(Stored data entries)
-- ===== src/App/Screen.antt =====
-- The applications with a screen of their own: `Admin` of src/server/app/admin.rs and `Player` of
-- src/server/app/player.rs, up to the tasks that they start. `Admin` and `Player` have the same fields and the same methods but for the
-- object they ask permission for, the task and the log row.
use rustion.Prelude.{ℕ, ◌%◌, Bool, true, false, Option, none, some, [], ◌∷◌, ◌++◌, if◌then◌else◌}
use rustion.Prelude.Decimal.{digits}
use rustion.Prelude.Text.{Text, codes}
use rustion.Casbin.Rules.{Uuid}
use rustion.Server.User.{User}
use rustion.App.World.{
  World, Window, success, failure, Event, replied, typed, started, wrote, request_failed,
  admin_shell, player_screen,
}
use rustion.App.Method.{
  Method, pure, panic, get_this, set_this, if_let, note, perform, ask, ◌>>=◌, ◌>>◌,
}

-- `window_change` of src/terminal/mod.rs: the window that the tty has then, and the bytes that tell it.
unfoldable pub window_change : Window → Window × Text
unfolding digits
window_change w =
    let columns = w.col_width % 65536 in
    let rows = w.row_height % 65536 in
    (
      record {
        col_width = columns;
        row_height = rows;
        pix_width = w.pix_width % 65536;
        pix_height = w.pix_height % 65536;
      },
      27 ∷ b'[' ∷ b'W' ∷ digits 5 columns ++ (b';' ∷ digits 5 rows) ++ (b'R' ∷ []),
    )

-- `Admin` and `Player`, with the window of the tty.
pub record Screen : Type 0 where
  pub user : Option User
  pub tty : Option Window
  pub send_to_tty : Bool
  pub recv_from_tty : Bool

unfoldable pub new_screen : Option User → Screen
new_screen user = record { user = user; tty = none; send_to_tty = false; recv_from_tty = false }

module _ {Ip : Type 0} (W : World Ip) where
  unfoldable pub data_in : Text → Method Screen (Unit {0})
  data_in bytes = do s ← get_this; if s.send_to_tty then perform W (typed bytes) else pure tt

  unfoldable pub pty_request : Window → Method Screen (Unit {0})
  unfolding window_change
  pty_request window = do
    s ← get_this
    set_this
        (record s { tty = some (window_change window).0; send_to_tty = true; recv_from_tty = true })

  -- A window that the tty takes is answered by success, and then by failure.
  unfoldable pub window_change_request : ℕ → Window → Method Screen (Unit {0})
  unfolding window_change
  window_change_request channel window = do
    s ← get_this
    if_let s.tty (pure tt) (λ _. do
      set_this (record s { tty = some (window_change window).0 })
      if s.send_to_tty then perform W (typed (window_change window).1) else pure tt
      perform W (replied channel success))
    perform W (replied channel failure)

  unfoldable pub check_permission : Uuid → Uuid → Option Ip → Method Screen Bool
  check_permission object action ip = do
    s ← get_this
    if_let s.user (pure false) (λ u. ask W u.id object action ip)

  -- `channel_open_session` of `Admin` and of `Player`, without the log line of a refusal.
  unfoldable pub channel_open_session : Uuid → Uuid → Option Ip → Method Screen Bool
  unfolding check_permission
  channel_open_session object action ip = do
    granted ← check_permission object action ip
    if granted then pure true else pure false

  -- `shell_request` of both: the task `start`, and a row `line`.
  unfoldable pub open_shell : (User → Event) → (User → Event) → ℕ → Method Screen (Unit {0})
  open_shell start line channel = do
    s ← get_this
    set_this (record s { user = none })
    if_let s.user panic (λ u. if_let s.tty (note request_failed) (λ _.
        if s.recv_from_tty
        then (do note (start u); perform W (replied channel success); note (line u))
        else note request_failed))

  unfoldable pub admin_shell_request : ℕ → Method Screen (Unit {0})
  unfolding open_shell
  admin_shell_request =
      open_shell (λ u. started (admin_shell u.id))
        (λ u.
          wrote (codes "admin") (codes "User: " ++ u.username ++ codes " login to admin system"))

  unfoldable pub player_shell_request : ℕ → Method Screen (Unit {0})
  unfolding open_shell
  player_shell_request =
      open_shell (λ u. started (player_screen u.id))
        (λ u. wrote (codes "player") (codes "User: " ++ u.username ++ codes " login to player"))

• **WHAT TO DO**:
Keep only the lines from the one containing "else note request_failed))" to the end of the entries, and repeat them exactly.

• **RESULT**:
        else note request_failed))

  unfoldable pub admin_shell_request : ℕ → Method Screen (Unit {0})
  unfolding open_shell
  admin_shell_request =
      open_shell (λ u. started (admin_shell u.id))
        (λ u.
          wrote (codes "admin") (codes "User: " ++ u.username ++ codes " login to admin system"))

  unfoldable pub player_shell_request : ℕ → Method Screen (Unit {0})
  unfolding open_shell
  player_shell_request =
      open_shell (λ u. started (player_screen u.id))
        (λ u. wrote (codes "player") (codes "User: " ++ u.username ++ codes " login to player"))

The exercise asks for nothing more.